Mineduc should keep its hands off school canteens

Editor, RE: “Students cry foul over school canteens” (The New Times, September 26).
Students await their lunch at school. The Ministry of Education last year banned school canteens. (Courtesy)
Students await their lunch at school. The Ministry of Education last year banned school canteens. (Courtesy)


RE: Students cry foul over school canteens(The New Times, September 26).

I think as a country (Rwandans, to be specific) we need to get our facts straight. Are we a capitalist or socialist country? Based on what I know, we are both politically and socially capitalist.

The Rwandan community is enjoying many capitalist concepts and they have been very productive economically, not only regionally but also on the international stage. Now, my question is, for this specific issue of canteens in schools, why should we reverse our philosophy?

We accept that people with a lot of money can buy the poor out of a city, but on this case rich kids with rich parents can’t have the extra bread? This is not only absurd—it’s also a contraction in the way of thinking on the part of those who made the decision. They are not different from the ones who once banned motorcycle-taxs from the City of Kigali.
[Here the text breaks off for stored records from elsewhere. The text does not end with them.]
-- ===== src/Transform/L4/Tests.antt =====
-- l4.rs and backend.rs: the theorems at concrete inputs.
use pangolin_gateway_api.Prelude.{
  ◌≡◌, ◌≢◌, ◌≤◌, arith, false, [], ◌∷◌, ◌++◌, List, some, codes, All, pos, to_decimal,
  is_whitespace,
}
use pangolin_gateway_api.Config.{BackendKind}
use pangolin_gateway_api.Sample.{library, settings, l4_config}
use pangolin_gateway_api.Transform.Desired.{nothing_desired}
use pangolin_gateway_api.Transform.Protocol.{L4Protocol, infix_of}
use pangolin_gateway_api.Transform.Backend.Address.{HostPort, parse_l4_address}
use pangolin_gateway_api.Transform.Backend.Address.RoundTrip.{
  IsPlain, parse_l4_address_of_host_port,
}
use pangolin_gateway_api.Transform.Backend.Classify.{classify_entries}
use pangolin_gateway_api.Transform.Backend.Classify.Targets.{target_of, classify_entries-target_of}
use pangolin_gateway_api.Transform.L4.{build_l4, parse_entrypoint_port}
use pangolin_gateway_api.Transform.L4.Ports.{HasDistinctPorts, IsFree, build_l4-HasDistinctPorts}
use pangolin_gateway_api.Transform.L4.EntryPoint.{parse_entrypoint_port_of_name}

build_l4-HasDistinctPorts_example :
    HasDistinctPorts (build_l4 library settings L4Protocol.tcp l4_config nothing_desired).0
    × All
        (IsFree library settings L4Protocol.tcp)
        (build_l4 library settings L4Protocol.tcp l4_config nothing_desired).0
build_l4-HasDistinctPorts_example =
    build_l4-HasDistinctPorts library settings L4Protocol.tcp l4_config nothing_desired

port_is_positive : 1 ≤ 5432
port_is_positive = omega arith

port_is_in_range : 5432 ≤ 65535
port_is_in_range = omega arith

parse_entrypoint_port_of_name_example :
    parse_entrypoint_port (infix_of L4Protocol.tcp ++ (b'-' ∷ to_decimal 5432)) L4Protocol.tcp
    ≡ some (pos 5432)
parse_entrypoint_port_of_name_example =
    parse_entrypoint_port_of_name L4Protocol.tcp 5432 port_is_positive port_is_in_range

host_is_not_empty : codes "db.local" ≢ []
host_is_not_empty = ground arith

host-IsPlain : IsPlain (codes "db.local")
unfolding is_whitespace
host-IsPlain = ground arith

parse_l4_address_of_host_port_example :
    parse_l4_address (codes "db.local" ++ (b':' ∷ to_decimal 5432))
    ≡ some (record { host = codes "db.local"; port = pos 5432; tls = false })
parse_l4_address_of_host_port_example =
    parse_l4_address_of_host_port (codes "db.local") 5432 host_is_not_empty host-IsPlain
      port_is_in_range

-- A name in front of two addresses, one of which has another port.
abbrev entries : List HostPort
entries =
    record { host = codes "db.local"; port = pos 80; tls = false }
    ∷ record { host = codes "10.0.0.1"; port = pos 8080; tls = false }
    ∷ record { host = codes "10.0.0.2"; port = pos 9090; tls = false }
    ∷ []

classify_entries-target_of_example :
    classify_entries library entries BackendKind.envoy_backend
    ≡ target_of library BackendKind.envoy_backend entries
classify_entries-target_of_example =
    classify_entries-target_of library entries BackendKind.envoy_backend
This decision is based on unfounded ideas and I think I know why: their kids and the decision makers themselves never went to the kind of schools I and the majority of average Rwandans went to.

Just like trying to ban motorcycles despite the fact that one never ever used a moto for transportation. Stop acting on your impulses and get off your high horses.

Food is the most important physiological need, and a basic right to students. Food is connected to the health and well-being of students, and consequently becomes an important factor on their academic performance—and thereafter, their future.

I attended two different boarding schools and none of them provided healthy meals. What’s funny is that they were considered among the best and, they didn’t deliver. Not by a long shot.

This is education; We need to act rationally and ask ourselves a few questions. Like: what change will this bring? Are those changes the best? Are all concerned parties ready and well equipped for the change?

I appeal to the Ministry of Education: act for the sake of our country’s future.

I dare them to compare the pre- and post-statistics of how many students will get suspended after the policy is in action. I saw it happen at my school and I can tell you that, as water goes around what’s in its way, students will take extreme measures to go around the policy. Of course they will get into trouble, and then punished, which involves missing class, leading to poor performance.